When Max Keenan joined Y Combinator’s summer 2022 batch, he was working on Aurelian, a company that automated appointment bookings for hair salons. But less than a year later, a conversation with one of his clients led him to a far more significant problem.
A nearby school’s carpool line was constantly blocking the parking lot of one of Aurelian’s hair salon clients. The salon owner called the city’s non-emergency line and was put on hold for 45 minutes before reaching a dispatcher. “She called me into her office afterwards, and was like, ‘Max, do you want to help me out?’” Keenan told TechCrunch.
When he started to research how municipal non-emergency response call centers work, he discovered that they are often handled by the same people who are answering actual 911 emergencies.
Aurelian pivoted to building an AI voice assistant that helps 911 call centers offload non-emergency call volume. The company announced on Wednesday that it raised a $14 million Series A led by NEA.
The company’s AI voice agent is designed to triage non-urgent issues like noise complaints, parking violations, and even stolen wallet reports — situations that don’t need an officer’s immediate response or can be handled without dispatching personnel to the scene.

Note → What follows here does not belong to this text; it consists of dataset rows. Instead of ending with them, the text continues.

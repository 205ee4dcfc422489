-- ===== src/Targz/Tar/Cut.antt =====
-- `tarConsume` does not see how its input was cut.
use spangap_core.Base.{
  ℕ, zero, suc, ◌+◌, ◌≤◌, ◌<◌, ◌≡◌, ◌≢◌, ◌∙◌, refl, ap, sym, inl, inr, ◌⊎◌, Option, some, some-inj,
  List, [], ◌∷◌, ◌++◌, true, false, Bool-cases, arith, length, length-append, subst,
}
use spangap_core.Targz.Tar.{
  Err, ok, TarStage, tar_hdr, tar_data, tar_pad, tar_end, is_end, Callbacks, Tar, tar_step,
  after_round, tar_loop, tar_consume,
}
use spangap_core.Targz.Tar.Progress.{Round, IsReady, tar_step-Round}
use spangap_core.Targz.Tar.Chunks.{
  TakesPieces, Fails, Agree, outcome, Split, stops, goes_on, hdr_step-Split, pad_step-Split,
  data_step-Split,
}

module _ (cb : Callbacks) where
  open cb use {Ctx}

  after_round_mono :
      (f g : Tar Ctx → List ℕ → Option (Err × Tar Ctx))
      → ((r : Tar Ctx) (p : List ℕ) (x : Err × Tar Ctx) → f r p ≡ some x → g r p ≡ some x)
      → (s : Err × Tar Ctx × List ℕ) (x : Err × Tar Ctx) → after_round cb f s ≡ some x
      → after_round cb g s ≡ some x
  after_round_mono f g h (ok, r, rest) x e = h r rest x e
  after_round_mono f g h (_, r, rest) x e = e

  -- More fuel gives the same result.
  pub tar_loop_mono :
      (f g : ℕ) (r : Tar Ctx) (p : List ℕ) (x : Err × Tar Ctx)
      → f ≤ g
      → tar_loop cb f r p ≡ some x
      → tar_loop cb g r p ≡ some x
  unfolding tar_loop
  tar_loop_mono f g r [] x le e = e
  tar_loop_mono zero zero r (c ∷ p) x le e = e
  tar_loop_mono zero (suc g) r (c ∷ p) x le e = elim (Bool-cases (is_end r.stage)) [
    | inl done ↦ rw done (rw done at e)
    | inr go_on ↦ cc (rw go_on at e)
  ]
  tar_loop_mono (suc f) zero r (c ∷ p) x le e = absurd (omega arith)
  tar_loop_mono (suc f) (suc g) r (c ∷ p) x le e = elim (Bool-cases (is_end r.stage)) [
    | inl done ↦ rw done (rw done at e)
    | inr go_on ↦ rw go_on (
        after_round_mono (tar_loop cb f) (tar_loop cb g)
          (λ r' p' x' e'. tar_loop_mono f g r' p' x' (omega arith) e')
          (tar_step cb r.stage r (c ∷ p)) x (rw go_on at e))
  ]

  tar_loop-end :
      (f : ℕ) (r : Tar Ctx) (p : List ℕ) → is_end r.stage ≡ true → tar_loop cb f r p ≡ some (ok, r)
  unfolding tar_loop
  tar_loop-end f r [] h = refl
  tar_loop-end zero r (c ∷ p) h = rw h
  tar_loop-end (suc f) r (c ∷ p) h = rw h

  pub tar_loop-nil : (f : ℕ) (r : Tar Ctx) → tar_loop cb f r [] ≡ some (ok, r)
  unfolding tar_loop
  tar_loop-nil f r = refl

  -- One more round of fuel on a run that is not empty.
  tar_loop-suc :
      (f : ℕ) (r : Tar Ctx) (p : List ℕ)
      → is_end r.stage ≡ false
      → 0 < length p
      → tar_loop cb (suc f) r p ≡ after_round cb (tar_loop cb f) (tar_step cb r.stage r p)
  unfolding tar_loop
  tar_loop-suc f r [] h ps = absurd (omega arith)
  tar_loop-suc f r (c ∷ p) h ps = rw h

  pub tar_loop-step :
      (f : ℕ) (r : Tar Ctx) (p : List ℕ) (stage : TarStage)
      → r.stage ≡ stage
      → is_end stage ≡ false
      → 0 < length p
      → tar_loop cb (suc f) r p ≡ after_round cb (tar_loop cb f) (tar_step cb stage r p)
  tar_loop-step f r p stage st h ps =
      subst (λ x. tar_loop cb (suc f) r p ≡ after_round cb (tar_loop cb f) (tar_step cb x r p)) st
        (tar_loop-suc f r p (subst (λ x. is_end x ≡ false) (sym st) h) ps)

  tar_loop-empty :
      (r : Tar Ctx) (p : List ℕ) (x : Err × Tar Ctx)
      → is_end r.stage ≡ false
      → 0 < length p
      → tar_loop cb zero r p ≢ some x
  unfolding tar_loop
  tar_loop-empty r [] x h ps e = absurd (omega arith)
  tar_loop-empty r (c ∷ p) x h ps e = cc (rw h at e)

  module _ (law : TakesPieces cb) where
    tar_step-Split :
        (stage : TarStage) (r r' : Tar Ctx) (p q rest : List ℕ)
        → IsReady r
        → 0 < length p
        → 0 < length q
        → r.stage ≡ stage
        → is_end stage ≡ false
        → tar_step cb stage r p ≡ (ok, r', rest)
        → Split (tar_step cb stage r (p ++ q)) r' rest q (tar_step cb stage r' q) stage
    unfolding tar_step
    tar_step-Split tar_hdr r r' p q rest v ps qs st h e =
        hdr_step-Split cb law r p q qs r' rest v.room st e
    tar_step-Split tar_data r r' p q rest v ps qs st h e =
        data_step-Split cb law r p q qs r' rest ps st e
    tar_step-Split tar_pad r r' p q rest v ps qs st h e =
        pad_step-Split cb law r p q qs r' rest st e
    tar_step-Split tar_end r r' p q rest v ps qs st h e = cc

    -- The whole run ends as its back does.
    record Joined (o : Option (Err × Tar Ctx)) (res : Err × Tar Ctx) : Type 0 where
      result : Err × Tar Ctx
      returned : o ≡ some result
      agrees : Agree result res

    same : (o : Option (Err × Tar Ctx)) (res : Err × Tar Ctx) → o ≡ some res → Joined o res
    same o res e = record { result = res; returned = e; agrees = inl refl }

    -- Two rounds that agree, the second one followed by a loop of less fuel.
    after_round-Joined :
        (f g : ℕ) (s t : Err × Tar Ctx × List ℕ) (res : Err × Tar Ctx)
        → g ≤ f
        → (s ≡ t) ⊎ Fails (outcome s) (outcome t)
        → after_round cb (tar_loop cb g) t ≡ some res
        → Joined (after_round cb (tar_loop cb f) s) res
    after_round-Joined f g s t res le (inl e) h =
        subst (λ x. Joined (after_round cb (tar_loop cb f) x) res) (sym e)
          (same _ res (
            after_round_mono (tar_loop cb g) (tar_loop cb f) (λ r p x. tar_loop_mono g f r p x le) t
              res h))
    after_round-Joined f g (ok, r, rest) t res le (inr bad) h = absurd (bad.failed refl)
    after_round-Joined f g (e, r, rest) (ok, r', rest') res le (inr bad) h =
        absurd (bad.failed bad.error)
    after_round-Joined f g (e, r, rest) (e', r', rest') res le (inr bad) h = record {
      result = (e, r);
      returned = refl;
      agrees = inr (subst (λ x. Fails (e, r) x) (some-inj h) bad);
    }

    -- `s` is the round on the front, whose loop succeeds; `w` is the round on the whole run.
    round-join :
        (f g h : ℕ) (stage : TarStage) (s w : Err × Tar Ctx × List ℕ) (r1 : Tar Ctx) (q : List ℕ)
        (res : Err × Tar Ctx)
        → 0 < length q
        → f + g ≤ h
        → is_end stage ≡ false
        → ((r' : Tar Ctx) (rest : List ℕ)
            → s ≡ (ok, r', rest)
            → (Split w r' rest q (tar_step cb stage r' q) stage) × IsReady r')
        → ((r' : Tar Ctx) (rest : List ℕ)
            → IsReady r'
            → tar_loop cb f r' rest ≡ some (ok, r1)
            → Joined (tar_loop cb h r' (rest ++ q)) res)
        → after_round cb (tar_loop cb f) s ≡ some (ok, r1)
        → tar_loop cb g r1 q ≡ some res
        → Joined (after_round cb (tar_loop cb h) w) res
    round-join f g h stage (ok, r', rest) w r1 q res qs le open_stage split ih e back =
        go (split r' rest refl)
      where
        resume :
            (g : ℕ)
            → g ≤ h
            → rest ≡ []
            → r'.stage ≡ stage
            → (w ≡ tar_step cb stage r' q) ⊎ Fails (outcome w) (outcome (tar_step cb stage r' q))
            → tar_loop cb g r' q ≡ some res
            → Joined (after_round cb (tar_loop cb h) w) res
        resume zero le er es agree b =
            absurd
              (tar_loop-empty r' q res (subst (λ x. is_end x ≡ false) (sym es) open_stage) qs b)
        resume (suc g) le er es agree b =
            after_round-Joined h g w (tar_step cb stage r' q) res (omega arith) agree
              (sym (tar_loop-step g r' q stage es open_stage qs) ∙ b)

        still : rest ≡ [] → r' ≡ r1
        still er =
            ap (λ (x : Err × Tar Ctx). x.1)
              (some-inj
                (sym (tar_loop-nil f r') ∙ subst (λ x. tar_loop cb f r' x ≡ some (ok, r1)) er e))

        go :
            (Split w r' rest q (tar_step cb stage r' q) stage) × IsReady r'
            → Joined (after_round cb (tar_loop cb h) w) res
        go (stops ew, v) =
            subst (λ x. Joined (after_round cb (tar_loop cb h) x) res) (sym ew) (ih r' rest v e)
        go (goes_on er es agree, v) =
            resume g (omega arith) er es agree
              (subst (λ x. tar_loop cb g x q ≡ some res) (sym (still er)) back)
    round-join f g h stage (_, r', rest) w r1 q res qs le open_stage split ih e back = cc

    Joined-end :
        (f g h : ℕ) (r r1 : Tar Ctx) (p q : List ℕ) (res : Err × Tar Ctx)
        → is_end r.stage ≡ true
        → tar_loop cb f r p ≡ some (ok, r1)
        → tar_loop cb g r1 q ≡ some res
        → Joined (tar_loop cb h r (p ++ q)) res
    Joined-end f g h r r1 p q res done e back = same _ res (
        tar_loop-end h r (p ++ q) done
        ∙ sym (tar_loop-end g r q done)
        ∙ subst (λ x. tar_loop cb g x q ≡ some res)
            (ap (λ (x : Err × Tar Ctx). x.1) (some-inj (sym e ∙ tar_loop-end f r p done))) back)

    tar_loop-join :
        (f g h : ℕ) (r r1 : Tar Ctx) (p q : List ℕ) (res : Err × Tar Ctx)
        → IsReady r
        → 0 < length q
        → f + g ≤ h
        → tar_loop cb f r p ≡ some (ok, r1)
        → tar_loop cb g r1 q ≡ some res
        → Joined (tar_loop cb h r (p ++ q)) res
    tar_loop-join f g h r r1 [] q res v qs le e back = same _ res (
        tar_loop_mono g h r q res (omega arith) (
          subst (λ x. tar_loop cb g x q ≡ some res)
            (ap (λ (x : Err × Tar Ctx). x.1) (some-inj (sym e ∙ tar_loop-nil f r))) back))
    tar_loop-join zero g h r r1 (c ∷ p) q res v qs le e back = elim (Bool-cases (is_end r.stage)) [
      | inl done ↦ Joined-end zero g h r r1 (c ∷ p) q res done e back
      | inr go_on ↦ absurd (tar_loop-empty r (c ∷ p) (ok, r1) go_on (omega arith) e)
    ]
    tar_loop-join (suc f) g zero r r1 (c ∷ p) q res v qs le e back = absurd (omega arith)
    tar_loop-join (suc f) g (suc h) r r1 (c ∷ p) q res v qs le e back =
        elim (Bool-cases (is_end r.stage)) [
          | inl done ↦ Joined-end (suc f) g (suc h) r r1 (c ∷ p) q res done e back
          | inr go_on ↦
              subst (λ x. Joined x res)
                (sym (tar_loop-step h r ((c ∷ p) ++ q) r.stage refl go_on (omega arith)))
                (round-join f g h r.stage (tar_step cb r.stage r (c ∷ p))
                  (tar_step cb r.stage r ((c ∷ p) ++ q)) r1 q res qs (omega arith) go_on
                  (λ r' rest es. (
                    tar_step-Split r.stage r r' (c ∷ p) q rest v (omega arith) qs refl go_on es,
                    (subst (Round cb (c ∷ p)) es
                        (tar_step-Round cb r v (c ∷ p) (omega arith) r.stage refl go_on) refl).0,
                  ))
                  (λ r' rest v' e'.
                    tar_loop-join f g h r' r1 rest q res v' qs (omega arith) e' back)
                  (sym (tar_loop-step f r (c ∷ p) r.stage refl go_on (omega arith)) ∙ e) back)
        ]

    -- Cutting does not matter. If `tarConsume` takes a run `p` without an error, and from there ends
    -- with `res` on a run `q` that is not empty, then on both in one run it ends with `res` too: with
    -- the same state after a success, and after a failure with the same error, the same state of the
    -- receiver and the same counts.
    pub tar_consume-append :
        (r r1 : Tar Ctx) (p q : List ℕ) (res : Err × Tar Ctx)
        → IsReady r
        → 0 < length q
        → tar_consume cb r p ≡ some (ok, r1)
        → tar_consume cb r1 q ≡ some res
        → (whole : Err × Tar Ctx) × (tar_consume cb r (p ++ q) ≡ some whole) × Agree whole res
    unfolding tar_consume
    tar_consume-append r r1 p q res v qs e back =
        let j =
          tar_loop-join (length p) (length q) (length (p ++ q)) r r1 p q res v qs
            (omega (arith, length-append p q)) e back in
        (j.result, j.returned, j.agrees)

Aurelian’s AI is trained to recognize a real emergency and immediately transfer those calls to a human dispatcher, Keenan said. In other situations, the system collects key information and either creates a report for or relays the details directly to the police department for follow-up action.
Since launching its AI assistant in May 2024, Aurelian has been deployed at more than a dozen 911 dispatch centers, including those serving Snohomish County, Washington; Chattanooga, Tennessee; and Kalamazoo, Michigan.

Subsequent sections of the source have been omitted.